Readers of this MUFON Georgia blog will recall that Alec Merta referred to the Habitation Demonstration Unit (HDU) in his article demonstrating that America did not build a secret base on the moon. In 2011, one X-Hab team demonstrated an inflatable loft that was attached to the HDU during NASA’s Desert Research and Technology Studies (Desert RATS) program.
Jason Crusan, director of NASA’s Advanced Exploration Systems (AES) division, was quoted as saying:
These strategic collaborations lower the barrier for university students to assist NASA in bridging gaps and increasing our knowledge in architectural design trades, capabilities and technology risk reduction related to exploration activities that will eventually take humans farther into space than ever before.

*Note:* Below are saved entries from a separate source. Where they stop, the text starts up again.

-- ===== src/Bmc/Execute.antt =====
-- `Execute`, backend/internal/service/bmcctl.go: the request is checked, written to the audit, run and
-- its outcome written back.
use Prim.Native.Char.{code, len_utf8}
use Prim.Native.String.{[], ◌∷◌}
use metalwatch.Base.{
  ℕ, ◌-◌, String, Bool, ◌&&◌, not, Option, none, some, List, [], ◌∷◌, ◌++◌, str_eq, leb, ◌<>◌,
  if◌then◌else◌,
}
use metalwatch.Base.Int.{ℤ}
use metalwatch.Base.Clock.{Time}
use metalwatch.Auth.{is_space}
use metalwatch.Bmc.{
  invalid_input, not_found_in_service, other_error, ServiceReturn, returned, refused, panicked,
  BmcCommandInput, ProtoCommand, Param, validate, build_proto_command, params_of,
}
use metalwatch.Bmc.Client.{Executor, Applied, apply_command}

pub record AuditRow : Type 0 where
  pub host_id : ℤ
  pub command_id : String
  pub cmd_type : String
  pub target : String
  pub params : List (String × Param)
  pub status : String
  pub message : String
  pub observed_value : Option ℤ
  pub operator : String
  pub created_at : Time
  pub executed_at : Option Time

-- The INSERT of `Create`.
abbrev pub create : AuditRow → List AuditRow → List AuditRow
create row rows = rows ++ (record row { status = "pending" } ∷ [])

abbrev pub with_outcome : String → String → Option ℤ → Time → AuditRow → AuditRow
with_outcome status message observed at row = record row {
  status = status;
  message = message;
  observed_value = observed;
  executed_at = some at;
}

-- The UPDATE of `Finish`, on the rows of a command ID.
unfoldable pub finish : String → String → String → Option ℤ → Time → List AuditRow → List AuditRow
finish id status message observed at [] = []
finish id status message observed at (row ∷ rows) =
    let rest = finish id status message observed at rows in
    if str_eq row.command_id id
    then with_outcome status message observed at row ∷ rest
    else row ∷ rest

-- The word that a text starts with, and the words behind it.
unfoldable spans : String → String × List String
spans [] = ("", [])
spans (c ∷ s) =
    let (word, words) = spans s in
    if is_space (code c)
    then ("", (if str_eq word "" then words else word ∷ words))
    else (c ∷ word, words)

-- `strings.Fields`
unfoldable fields : String → List String
unfolding spans
fields s = if str_eq (spans s).0 "" then (spans s).1 else (spans s).0 ∷ (spans s).1

unfoldable join : List String → String
join [] = ""
join (w ∷ []) = w
join (w ∷ v ∷ ws) = w <> " " <> join (v ∷ ws)

-- `strs.Truncate`: as many whole characters as fit.
unfoldable pub truncate : String → ℕ → String
truncate [] n = []
truncate (c ∷ s) n =
    let rest = truncate s (n - len_utf8 c) in if leb (len_utf8 c) n then c ∷ rest else []

unfoldable pub truncate_one_line : String → ℕ → String
unfolding fields join truncate
truncate_one_line s n = truncate (join (fields s)) n

-- What the stored BMC credentials of a host are read as.
pub data CredentialRead : Type 0 where
  cred_read : CredentialRead
  cred_missing : CredentialRead
  cred_failed : CredentialRead

-- What `Create` comes to: the row and its number, no row, or a row whose number `LastInsertId` cannot
-- tell, which is an error as well.
pub data Creation : Type 0 where
  inserted : Creation
  not_inserted : Creation
  number_unknown : Creation

-- What one call of `Execute` meets: `host` is the BMC address of the host, none where there is no such
-- host; `opened` whether the password can be decrypted; `new_id` the random command ID.
pub record Scene : Type 0 where
  pub host : Option (Option String)
  pub cred : CredentialRead
  pub opened : Bool
  pub new_id : Option String
  pub creation : Creation
  pub finish_ok : Bool
  pub exec : Executor
  pub begun_at : Time
  pub ended_at : Time

-- `BMCCommandResult`
pub record CommandResult : Type 0 where
  pub ok : Bool
  pub message : String
  pub request_id : String

pub record Executed : Type 0 where
  pub audit : List AuditRow
  pub calls : List (List String)
  pub outcome : ServiceReturn CommandResult

-- An early return: nothing has been run.
abbrev pub not_begun : List AuditRow → ServiceReturn CommandResult → Executed
not_begun audit o = record { audit = audit; calls = []; outcome = o }

abbrev pub status_of : Applied → String
status_of a = if not a.failed && a.result.ok then "success" else "failed"

abbrev pub observed_of : Applied → Option ℤ
observed_of a = if a.result.ok then some a.result.observed_value else none

module _ (sc : Scene) (host_id : ℤ) (operator : String) (i : BmcCommandInput) where
  abbrev pub row_of : String → AuditRow
  row_of id = record {
    host_id = host_id;
    command_id = id;
    cmd_type = i.cmd_type;
    target = i.target;
    params = params_of i;
    status = "";
    message = "";
    observed_value = none;
    operator = operator;
    created_at = sc.begun_at;
    executed_at = none;
  }

  -- From `client.ApplyCommand` on.
  unfoldable pub run_command : ProtoCommand → List AuditRow → Executed
  unfolding apply_command truncate_one_line finish
  run_command cmd audit =
      let a = apply_command sc.exec cmd in
      let message = truncate_one_line a.result.message 512 in
      record {
        audit =
            if sc.finish_ok
            then finish cmd.command_id (status_of a) message (observed_of a) sc.ended_at audit
            else audit;
        calls = a.calls;
        outcome =
            returned (record { ok = a.result.ok; message = message; request_id = cmd.command_id });
      }

  -- From the call of `Create` on.
  unfoldable pub audited : Creation → ProtoCommand → List AuditRow → Executed
  unfolding run_command
  audited inserted cmd audit = run_command cmd (create (row_of cmd.command_id) audit)
  audited not_inserted cmd audit = not_begun audit (refused other_error)
  audited number_unknown cmd audit =
      not_begun (create (row_of cmd.command_id) audit) (refused other_error)

  unfoldable pub built : ServiceReturn ProtoCommand → List AuditRow → Executed
  unfolding audited
  built (refused e) audit = not_begun audit (refused e)
  built panicked audit = not_begun audit panicked
  built (returned cmd) audit = audited sc.creation cmd audit

  unfoldable pub credentials : CredentialRead → List AuditRow → Executed
  unfolding build_proto_command built
  credentials cred_missing audit = not_begun audit (refused not_found_in_service)
  credentials cred_failed audit = not_begun audit (refused other_error)
  credentials cred_read audit =
      if sc.opened
      then built (build_proto_command sc.new_id i) audit
      else not_begun audit (refused other_error)

  unfoldable pub addressed : Option (Option String) → List AuditRow → Executed
  unfolding credentials
  addressed none audit = not_begun audit (refused not_found_in_service)
  addressed (some none) audit = not_begun audit (refused not_found_in_service)
  addressed (some (some ip)) audit =
      if str_eq ip ""
      then not_begun audit (refused not_found_in_service)
      else credentials sc.cred audit

  unfoldable pub execute : List AuditRow → Executed
  unfolding validate addressed
  execute audit =
      if validate i then addressed sc.host audit else not_begun audit (refused invalid_input)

Student teams submitted proposals to NASA earlier this year. The selected project teams will be tasked with meeting a series of milestones “to design, manufacture, assemble and test their systems and concepts in close cooperation with members of NASA’s Human Exploration and Operations Mission Directorate.”
The NASA-selcted X-Hab 2016 teams and projects are:
- University of Puerto Rico at Mayagüez, Puerto Rico – Technology Development of Low-Power Required Manufacturing of Metals for the Zero-Gravity Environment
- University of Maryland, College Park – Inflatable/Deployable Airlock Structures
- Pratt Institute, Brooklyn, New York – Human Centered – Designs for Mars Transit Habitat
- Oklahoma State University, Stillwater – Deep Space Mars Transit Habitat Layout Studies
- University of South Alabama, Mobile – Development of a Concentration Swing Frequency Response Device
- Utah State University, Logan – Student Experimental Microgravity Plant System
- The Ohio State University, Columbus – Water Assurance: Improve Water Delivery of a Modular Vegetable Production System
- University of Colorado-Boulder, Boulder– Performance Characterization and Enhancement of the Mars OASIS Space Plant Growth System
The National Space Grant Foundation will administer the grants, which range from $10,000 to $30,000, to the universities on behalf NASA to fund design, development and evaluation of the projects by the selected teams during the 2015-2016 academic year.